WORK ORDER: After finding the line with "(status fd w) x" in the data below, set down exactly each line through the one with "-- With a kernel", inclusive, and stop there.

DATA EXCERPTS:
=-=-=-=-=

-- ===== src/Executor.antt =====
-- `push` and `emplace` of include/io/execution/executor.hpp, and those of
-- include/io/execution/triggers.hpp, which make a dialog of the handle. The handles are those of
-- Socket.Handle; a shared pointer is the address of its handle.
pub mod Loop
pub mod Flags
pub mod Emplace
pub mod Nonblocking
pub mod Examples
use Prim.Native.Nat.{◌/◌}
use async_berkeley.Base.{
  ℕ, ◌+◌, ◌-◌, ◌%◌, ◌^◌, Option, none, some, false, ℤ, pos, negsuc, int_eq, get_elem?, ◌==◌,
  if◌then◌else◌, ◌>>=◌,
}
use async_berkeley.Socket.Handle.{
  Store, Constructed, constructed, system_error, from_native, from_socket, move_construct, destroy,
}
use async_berkeley.Socket.Dialog.{Dialog}

-- fcntl(fd, F_GETFL), fcntl(fd, F_SETFL, flags) and `errno`, over the states `W` of the operating
-- system, and the bit of O_NONBLOCK.
pub record Fcntl (W : Type 0) : Type 0 where
  pub getfl : ℤ → W → ℤ × W
  pub setfl : ℤ → ℤ → W → ℤ × W
  pub errno : W → ℤ
  pub nonblock : ℕ

-- The bit `k` of a number.
abbrev pub bit : ℕ → ℕ → ℕ
bit k n = n / 2 ^ k % 2

-- `flags | O_NONBLOCK`, of an `int` in two's complement.
unfoldable pub or_bit : ℕ → ℤ → ℤ
or_bit k (pos n) = if bit k n == 1 then pos n else pos (n + 2 ^ k)
or_bit k (negsuc n) = if bit k n == 1 then negsuc (n - 2 ^ k) else negsuc n

-- How `push` ends: with the address of the handle, or with an exception and its error number, which
-- the constructor of a handle does not name here. `invalid` is an address without a handle.
pub data Pushed (W : Type 0) : Type 0 where
  pushed : ℕ → Store → W → Pushed W
  threw : Option ℤ → Store → W → Pushed W
  invalid : Pushed W

module _ {W : Type 0} where
  -- What follows where a destructor runs on the way out.
  unfoldable pub destroying : ℕ → Pushed W → Pushed W
  destroying this (pushed p s w) = elim (destroy this s) [
    | none ↦ invalid
    | some s' ↦ pushed p s' w
  ]
  destroying this (threw e s w) = elim (destroy this s) [ none ↦ invalid | some s' ↦ threw e s' w ]
  destroying this invalid = invalid

module _ {W : Type 0} (F : Fcntl W) where
  -- push(std::shared_ptr<Socket>). Where it throws, the handle is left to its other owners.
  unfoldable pub push_shared : ℕ → Store → W → Pushed W
  unfolding or_bit
  push_shared this s w = elim (get_elem? s.handles this) [
    | none ↦ invalid
    | some h ↦
        let (flags, w₁) = F.getfl h.socket w in
        let (ret, w₂) = F.setfl h.socket (or_bit F.nonblock flags) w₁ in
        if int_eq ret (pos 0) then pushed this s w₂ else threw (some (F.errno w₂)) s w₂
  ]

  -- An exception destroys the handle that is owned by no other pointer.
  unfoldable pub unwind : ℕ → Pushed W → Pushed W
  unfolding destroying
  unwind this (pushed p s w) = pushed p s w
  unwind this (threw e s w) = destroying this (threw e s w)
  unwind this invalid = invalid

  -- push(Socket &&): std::make_shared moves the handle.
  unfoldable pub push_handle : ℕ → Store → W → Pushed W
  unfolding push_shared unwind
  push_handle handle s w = elim (move_construct handle s) [
    | none ↦ invalid
    | some (this, s') ↦ unwind this (push_shared this s' w)
  ]

  -- emplace, given what the constructor of the temporary handle does, which is destroyed at the end.
  unfoldable pub emplace : Constructed → Store → W → Pushed W
  unfolding push_handle destroying
  emplace (constructed this s') s w = destroying this (push_handle this s' w)
  emplace system_error s w = threw none s w

  -- basic_triggers::emplace: the dialog of the new handle and of an executor that lives.
  unfoldable pub emplace_dialog : Constructed → Store → W → Option (Dialog × Store × W)
  unfolding emplace
  emplace_dialog c s w = elim (emplace c s w) [
    | pushed this s' w' ↦ get_elem? s'.handles this >>= λ h.
        some (record { is_expired = false; socket = some h }, s', w')
    | threw e s' w' ↦ none
    | invalid ↦ none
  ]

  -- basic_triggers::push of a shared pointer: the dialog of its handle.
  unfoldable pub push_dialog : ℕ → Store → W → Option (Dialog × Store × W)
  unfolding push_shared
  push_dialog socket s w = elim (push_shared socket s w) [
    | pushed this s' w' ↦ get_elem? s'.handles this >>= λ h.
        some (record { is_expired = false; socket = some h }, s', w')
    | threw e s' w' ↦ none
    | invalid ↦ none
  ]
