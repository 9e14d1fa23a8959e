-- ===== src/Async/Accepts.antt =====
-- What accept_t of include/io/socket/detail/async_operations.hpp makes of a connection: the synchronous
-- accept, `executor->push` of the handle, and the destructor of the handle it was moved from.
pub mod Outcomes
mod Examples
use async_berkeley.Base.{ℕ, Option, none, some, List, ℤ, get_elem?, if◌then◌else◌}
use async_berkeley.Socket.Handle.{Store, is_valid, destroy}
use async_berkeley.Socket.Sync.{
  Span, Outcome, returned, throws, undefined, blocked, Accept, Accepted, accept,
}
use async_berkeley.Executor.{Fcntl, Pushed, pushed, threw, invalid, destroying, push_handle}

-- A connection with the address of its handle, no connection, or an exception with its error number,
-- which the constructor of a handle does not name here. A function that is noexcept ends the process
-- by std::terminate instead. `waits` and `wrong` are those of the synchronous accept.
pub data Taken (W : Type 0) : Type 0 where
  taken : ℕ → Span → Store → W → Taken W
  refused : Store → W → Taken W
  thrown : Option ℤ → Store → W → Taken W
  terminated waits wrong : Taken W

-- `noexcept`
unfoldable pub no_except : {W : Type 0} → Taken W → Taken W
no_except (taken p prefix s w) = taken p prefix s w
no_except (refused s w) = refused s w
no_except (thrown e s w) = terminated
no_except terminated = terminated
no_except waits = waits
no_except wrong = wrong

module _ {W : Type 0} (F : Fcntl W) where
  -- executor->push(std::move(sock)), at the end of whose scope `sock` is destroyed.
  unfoldable pub push_accepted : Accepted → W → Taken W
  unfolding destroying push_handle
  push_accepted a w = elim (destroying a.socket (push_handle F a.socket a.store w)) [
    | pushed p s' w' ↦ taken p a.address s' w'
    | threw e s' w' ↦ thrown e s' w'
    | invalid ↦ wrong
  ]

  -- The test of `sock`.
  unfoldable pub take_accepted : Accepted → W → Taken W
  unfolding push_accepted is_valid destroy
  take_accepted a w = elim (get_elem? a.store.handles a.socket) [
    | none ↦ wrong
    | some h ↦
        if is_valid h
        then push_accepted a w
        else elim (destroy a.socket a.store) [ none ↦ wrong | some s' ↦ refused s' w ]
  ]

  -- The attempt at once, and the function that accepts later, which is noexcept.
  unfoldable pub accept_now : ℤ → ℤ → Span → List Accept → Store → W → Taken W
  unfolding take_accepted accept
  accept_now eintr valid address replies s w = elim (accept eintr valid address replies s) [
    | returned a ↦ take_accepted a w
    | throws ↦ thrown none s w
    | undefined ↦ wrong
    | blocked ↦ waits
  ]

  unfoldable pub accept_later : ℤ → ℤ → Span → List Accept → Store → W → Taken W
  unfolding accept_now no_except
  accept_later eintr valid address replies s w =
      no_except (accept_now eintr valid address replies s w)
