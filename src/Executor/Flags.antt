-- ===== src/Executor/Flags.antt =====
-- What `push` does to the status flags of a descriptor.
use Prim.Native.Nat.{◌/◌}
use native.Mathlib.Nat.{add-div_right, add-mod_right, one-le-pow}
use async_berkeley.Base.{ℕ, ◌+◌, ◌%◌, ◌^◌, ◌<◌, ◌≡◌, refl, pos, ◌==◌, arith, Bool-cases, inl, inr}
use async_berkeley.Executor.{bit, or_bit}

-- The bit `k` is set in `m`, and every other bit is as it is in `n`.
abbrev pub SetsBit : ℕ → ℕ → ℕ → Type 0
SetsBit k n m = (bit k m ≡ 1) × (m % 2 ^ k ≡ n % 2 ^ k) × (m / 2 ^ k / 2 ≡ n / 2 ^ k / 2)

-- Of flags that are not negative.
pub or_bit-SetsBit : (k n : ℕ) → (m : ℕ) × (or_bit k (pos n) ≡ pos m) × SetsBit k n m
unfolding or_bit
or_bit-SetsBit k n = elim (Bool-cases (bit k n == 1)) [
  | inl set ↦ (n, rw set refl, (ground arith, refl, refl))
  | inr unset ↦
      let some_power : 0 < 2 ^ k = one-le-pow k 2 (omega arith) in
      let next : (n + 2 ^ k) / 2 ^ k ≡ n / 2 ^ k + 1 = add-div_right n some_power in
      let low : (n + 2 ^ k) % 2 ^ k ≡ n % 2 ^ k = add-mod_right n (2 ^ k) in
      let even : n / 2 ^ k % 2 ≡ 0 = ground arith in
      (n + 2 ^ k, rw unset refl, (rw next (omega arith), low, rw next (omega arith)))
]
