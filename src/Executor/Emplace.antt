-- ===== src/Executor/Emplace.antt =====
-- `emplace` on all its branches, and what it leaves of the handles and the descriptor.
use async_berkeley.Base.{
  ℕ, suc, ◌≡◌, refl, ap, false, some, List, [], ◌∷◌, ◌++◌, get_elem?-length, append_assoc, ℤ, pos,
  int_eq, get_elem?, set, length, length-append, ◌==◌, if◌then◌else◌, arith, Bool-cases, inl, inr,
  int_eq_refl,
}
use async_berkeley.Socket.Handle.{
  invalid_socket, Handle, Store, constructed, from_native, from_socket, construct, is_valid_socket,
  move_construct, make_invalid, swap, destroy, close,
}
use async_berkeley.Executor.{
  Fcntl, Pushed, pushed, threw, destroying, push_shared, unwind, push_handle, emplace, or_bit,
}

module _ {A : Type 0} where
  pub get_elem?-second :
      (xs : List A) (a b : A) → get_elem? (xs ++ a ∷ b ∷ []) (suc (length xs)) ≡ some b
  get_elem?-second [] a b = refl
  get_elem?-second (x ∷ xs) a b = get_elem?-second xs a b

  pub set-length_at :
      (xs : List A) (a b : A) (ys : List A) → set (xs ++ a ∷ ys) (length xs) b ≡ xs ++ b ∷ ys
  set-length_at [] a b ys = refl
  set-length_at (x ∷ xs) a b ys = ap (◌∷◌ x) (set-length_at xs a b ys)

  set-second :
      (xs : List A) (a b c : A) → set (xs ++ a ∷ b ∷ []) (suc (length xs)) c ≡ xs ++ a ∷ c ∷ []
  set-second [] a b c = refl
  set-second (x ∷ xs) a b c = ap (◌∷◌ x) (set-second xs a b c)

-- A handle that was moved from.
abbrev pub moved : Handle
moved = record { socket = invalid_socket; error = pos 0 }

-- The store with two more handles.
abbrev pub with_two : Handle → Handle → Store → Store
with_two a b s = record s { handles = s.handles ++ a ∷ b ∷ [] }

suc-ne : (n : ℕ) → (suc n == n) ≡ false
suc-ne n = ground arith

swap-two :
    (a b : Handle) (s : Store)
    → swap (suc (length s.handles)) (length s.handles) (with_two a b s) ≡ some (with_two b a s)
unfolding swap
swap-two a b s =
    rw
      (
        suc-ne (length s.handles),
        get_elem?-second s.handles a b,
        get_elem?-length s.handles a (b ∷ []),
        swap,
        set-second s.handles a b a,
        set-length_at s.handles a b (a ∷ []),
      )
      refl

move_construct-last :
    (a : Handle) (s : Store)
    → move_construct (length s.handles) (record s { handles = s.handles ++ a ∷ [] })
      ≡ some (suc (length s.handles), with_two moved a s)
unfolding move_construct make_invalid
move_construct-last a s =
    let at_end : length (s.handles ++ a ∷ []) ≡ suc (length s.handles) =
      omega (arith, length-append s.handles (a ∷ [])) in
    let both = append_assoc s.handles (a ∷ []) (moved ∷ []) in
    rw (move_construct, make_invalid, at_end, both, swap-two a moved s) refl

destroy-moved :
    (b : Handle) (s : Store)
    → destroy (length s.handles) (with_two moved b s) ≡ some (with_two moved b s)
unfolding destroy close
destroy-moved b s =
    rw
      (
        destroy,
        close,
        get_elem?-length s.handles moved (b ∷ []),
        int_eq_refl invalid_socket,
        set-length_at s.handles moved moved (b ∷ []),
      )
      refl

destroy-owner :
    (fd : ℤ) (s : Store)
    → int_eq fd invalid_socket ≡ false
    → destroy (suc (length s.handles)) (with_two moved (record { socket = fd; error = pos 0 }) s)
      ≡ some (record (with_two moved moved s) { closed = fd ∷ s.closed })
unfolding destroy close
destroy-owner fd s valid =
    let owner : Handle = record { socket = fd; error = pos 0 } in
    rw
      (
        destroy,
        close,
        get_elem?-second s.handles moved owner,
        valid,
        set-second s.handles moved owner moved,
      )
      refl

module _ {W : Type 0} (F : Fcntl W) where
  -- What F_SETFL returns, given the flags that F_GETFL gave.
  abbrev pub set_flags : ℤ → W → ℤ × W
  set_flags fd w = F.setfl fd (or_bit F.nonblock (F.getfl fd w).0) (F.getfl fd w).1

  abbrev pub owner : ℤ → Handle
  owner fd = record { socket = fd; error = pos 0 }

  -- How a descriptor is emplaced: the second new handle owns it, or it is closed, once.
  abbrev pub outcome : ℤ → Store → W → Pushed W
  outcome fd s w =
      if int_eq (set_flags fd w).0 (pos 0)
      then pushed (suc (length s.handles)) (with_two moved (owner fd) s) (set_flags fd w).1
      else threw (some (F.errno (set_flags fd w).1))
          (record (with_two moved moved s) { closed = fd ∷ s.closed }) (set_flags fd w).1

  pub emplaced :
      (fd : ℤ) (s : Store) (w : W)
      → int_eq fd invalid_socket ≡ false
      → emplace F
          (constructed (length s.handles) (record s { handles = s.handles ++ owner fd ∷ [] }))
          s
          w
        ≡ outcome fd s w
  unfolding emplace push_handle push_shared unwind destroying
  emplaced fd s w valid = elim (Bool-cases (int_eq (set_flags fd w).0 (pos 0))) [
    | inl ok ↦
        rw
          (
            emplace,
            push_handle,
            move_construct-last (owner fd) s,
            push_shared,
            get_elem?-second s.handles moved (owner fd),
            ok,
            unwind,
            destroying,
            destroy-moved (owner fd) s,
          )
          refl
    | inr bad ↦
        rw
          (
            emplace,
            push_handle,
            move_construct-last (owner fd) s,
            push_shared,
            get_elem?-second s.handles moved (owner fd),
            bad,
            unwind,
            destroying,
            destroy-owner fd s valid,
            destroying,
            destroy-moved moved (record s { closed = fd ∷ s.closed }),
          )
          refl
  ]

  -- emplace of a valid descriptor, by either constructor: if F_SETFL succeeds the new handle owns the
  -- descriptor and the temporary one none; otherwise there is an exception with its error number, and
  -- the descriptor is closed, once, with no handle left that owns it.
  pub emplace-outcome :
      (fd : ℤ) (s : Store) (w : W)
      → int_eq fd invalid_socket ≡ false
      → (emplace F (from_native (pos 0) fd s) s w ≡ outcome fd s w)
        × (emplace F (from_socket fd s) s w ≡ outcome fd s w)
  unfolding from_native from_socket construct is_valid_socket int_eq
  emplace-outcome fd s w valid = (
    rw (from_native, construct, is_valid_socket, valid) (emplaced fd s w valid),
    rw (from_socket, construct, valid) (emplaced fd s w valid),
  )
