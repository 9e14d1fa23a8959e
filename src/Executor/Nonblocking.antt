-- ===== src/Executor/Nonblocking.antt =====
-- An emplaced handle does not block.
use async_berkeley.Base.{
  ℕ, suc, ◌≡◌, sym, ap, ◌∙◌, false, some, ℤ, pos, int_eq, int_eq_iff, get_elem?, length, arith,
  Bool-cases, inl, inr, subst,
}
use async_berkeley.Socket.Handle.{invalid_socket, Store, from_native}
use async_berkeley.Executor.{Fcntl, pushed, emplace, or_bit}
use async_berkeley.Executor.Flags.{SetsBit, or_bit-SetsBit}
use async_berkeley.Executor.Emplace.{
  set_flags, owner, outcome, moved, with_two, get_elem?-second, emplace-outcome,
}

-- What fcntl(2) documents: F_GETFL returns the status flags of an open descriptor, and F_SETFL, where
-- it returns 0, has set the O_NONBLOCK flag as it is told.
pub record Documented {W : Type 0} (F : Fcntl W) (status : ℤ → W → ℕ) : Type 0 where
  pub get : (fd : ℤ) (w : W) → F.getfl fd w ≡ (pos (status fd w), w)
  pub sets :
      (fd : ℤ) (x : ℕ) (w : W)
      → SetsBit F.nonblock (status fd w) x
      → (F.setfl fd (pos x) w).0 ≡ pos 0
      → status fd (F.setfl fd (pos x) w).1 ≡ x

module _ {W : Type 0} (F : Fcntl W) (status : ℤ → W → ℕ) where
  set_flags-SetsBit :
      (fd : ℤ) (w : W)
      → Documented F status
      → (set_flags F fd w).0 ≡ pos 0
      → SetsBit F.nonblock (status fd w) (status fd (set_flags F fd w).1)
  set_flags-SetsBit fd w d ok =
      let (x, asked, bits) = or_bit-SetsBit F.nonblock (status fd w) in
      let same : set_flags F fd w ≡ F.setfl fd (pos x) w =
        ap (λ (g : ℤ × W). F.setfl fd (or_bit F.nonblock g.0) g.1) (d.get fd w)
        ∙ ap (λ y. F.setfl fd y w) asked in
      let now : status fd (set_flags F fd w).1 ≡ x =
        ap (λ (y : ℤ × W). status fd y.1) same
        ∙ d.sets fd x w bits (sym (ap (λ (y : ℤ × W). y.0) same) ∙ ok) in
      subst (SetsBit F.nonblock (status fd w)) (sym now) bits

  -- With a kernel that keeps to the documentation of fcntl, the handle that emplace returns owns the
  -- descriptor, whose O_NONBLOCK flag is set and whose other status flags are as they were.
  pub emplace-nonblocking :
      (fd : ℤ) (s s' : Store) (w w' : W) (this : ℕ)
      → Documented F status
      → int_eq fd invalid_socket ≡ false
      → emplace F (from_native (pos 0) fd s) s w ≡ pushed this s' w'
      → (get_elem? s'.handles this ≡ some (owner F fd))
        × SetsBit F.nonblock (status fd w) (status fd w')
  emplace-nonblocking fd s s' w w' this d valid e =
      let e' : outcome F fd s w ≡ pushed this s' w' = sym (emplace-outcome F fd s w valid).0 ∙ e in
      elim (Bool-cases (int_eq (set_flags F fd w).0 (pos 0))) [
        | inl ok ↦
            let at_this : suc (length s.handles) ≡ this = ground arith in
            let store : with_two moved (owner F fd) s ≡ s' = ground arith in
            let world : (set_flags F fd w).1 ≡ w' = ground arith in
            (
              rw (← at_this, ← store) (get_elem?-second s.handles moved (owner F fd)),
              rw (← world)
                  (set_flags-SetsBit fd w d ((int_eq_iff (set_flags F fd w).0 (pos 0)).0 ok)),
            )
        | inr bad ↦ absurd (ground arith)
      ]
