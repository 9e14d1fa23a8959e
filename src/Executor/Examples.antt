-- ===== src/Executor/Examples.antt =====
-- A descriptor that is emplaced, on a kernel that keeps the status flags in a table.
use async_berkeley.Base.{
  ℕ, ◌≡◌, refl, some, [], ◌∷◌, ℤ, pos, negsuc, int_eq, int_eq_refl, get_elem?, if◌then◌else◌,
}
use async_berkeley.Socket.Handle.{Store, from_native, from_socket, move_construct, destroy}
use async_berkeley.Executor.{Fcntl, pushed, emplace, or_bit}
use async_berkeley.Executor.Flags.{SetsBit}
use async_berkeley.Executor.Emplace.{owner, outcome, moved, with_two, emplace-outcome}
use async_berkeley.Executor.Nonblocking.{Documented, emplace-nonblocking}

abbrev pub Table : Type 0
Table = ℤ → ℕ

abbrev pub set_status : ℤ → ℤ → Table → ℤ × Table
set_status fd (pos n) w = (pos 0, λ f. if int_eq f fd then n else w f)
set_status fd (negsuc n) w = (negsuc 0, w)

-- O_NONBLOCK is 2 ^ 11.
abbrev pub table : Fcntl Table
table = record {
  getfl = λ fd w. (pos (w fd), w);
  setfl = set_status;
  errno = λ w. pos 9;
  nonblock = 11;
}

abbrev status : ℤ → Table → ℕ
status fd w = w fd

abbrev pub read_write : Table
read_write fd = 2

abbrev pub store : Store
store = record { handles = moved ∷ []; closed = [] }

table-Documented : Documented table status
table-Documented = record { get = λ fd w. refl; sets = λ fd x w bits ok. rw (int_eq_refl fd) refl }

emplace-outcome_example :
    (emplace table (from_native (pos 0) (pos 3) store) store read_write
      ≡ outcome table (pos 3) store read_write)
    × (emplace table (from_socket (pos 3) store) store read_write
        ≡ outcome table (pos 3) store read_write)
unfolding int_eq
emplace-outcome_example = emplace-outcome table (pos 3) store read_write refl

emplaced :
    emplace table (from_native (pos 0) (pos 3) store) store read_write
    ≡ pushed 2
        (with_two moved (owner table (pos 3)) store)
        (set_status (pos 3) (pos 2050) read_write).1
unfolding from_native emplace or_bit move_construct destroy int_eq
emplaced = refl

emplace-nonblocking_example :
    (get_elem? (with_two moved (owner table (pos 3)) store).handles 2 ≡ some (owner table (pos 3)))
    × SetsBit 11 2 2050
unfolding int_eq
emplace-nonblocking_example =
    emplace-nonblocking table status (pos 3) store (with_two moved (owner table (pos 3)) store)
      read_write (set_status (pos 3) (pos 2050) read_write).1 2 table-Documented refl emplaced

=-=-=-=-=

EXERCISE RESULT:
      → SetsBit F.nonblock (status fd w) x
      → (F.setfl fd (pos x) w).0 ≡ pos 0
      → status fd (F.setfl fd (pos x) w).1 ≡ x

module _ {W : Type 0} (F : Fcntl W) (status : ℤ → W → ℕ) where
  set_flags-SetsBit :
      (fd : ℤ) (w : W)
      → Documented F status
      → (set_flags F fd w).0 ≡ pos 0
      → SetsBit F.nonblock (status fd w) (status fd (set_flags F fd w).1)
  set_flags-SetsBit fd w d ok =
      let (x, asked, bits) = or_bit-SetsBit F.nonblock (status fd w) in
      let same : set_flags F fd w ≡ F.setfl fd (pos x) w =
        ap (λ (g : ℤ × W). F.setfl fd (or_bit F.nonblock g.0) g.1) (d.get fd w)
        ∙ ap (λ y. F.setfl fd y w) asked in
      let now : status fd (set_flags F fd w).1 ≡ x =
        ap (λ (y : ℤ × W). status fd y.1) same
        ∙ d.sets fd x w bits (sym (ap (λ (y : ℤ × W). y.0) same) ∙ ok) in
      subst (SetsBit F.nonblock (status fd w)) (sym now) bits

  -- With a kernel that keeps to the documentation of fcntl, the handle that emplace returns owns the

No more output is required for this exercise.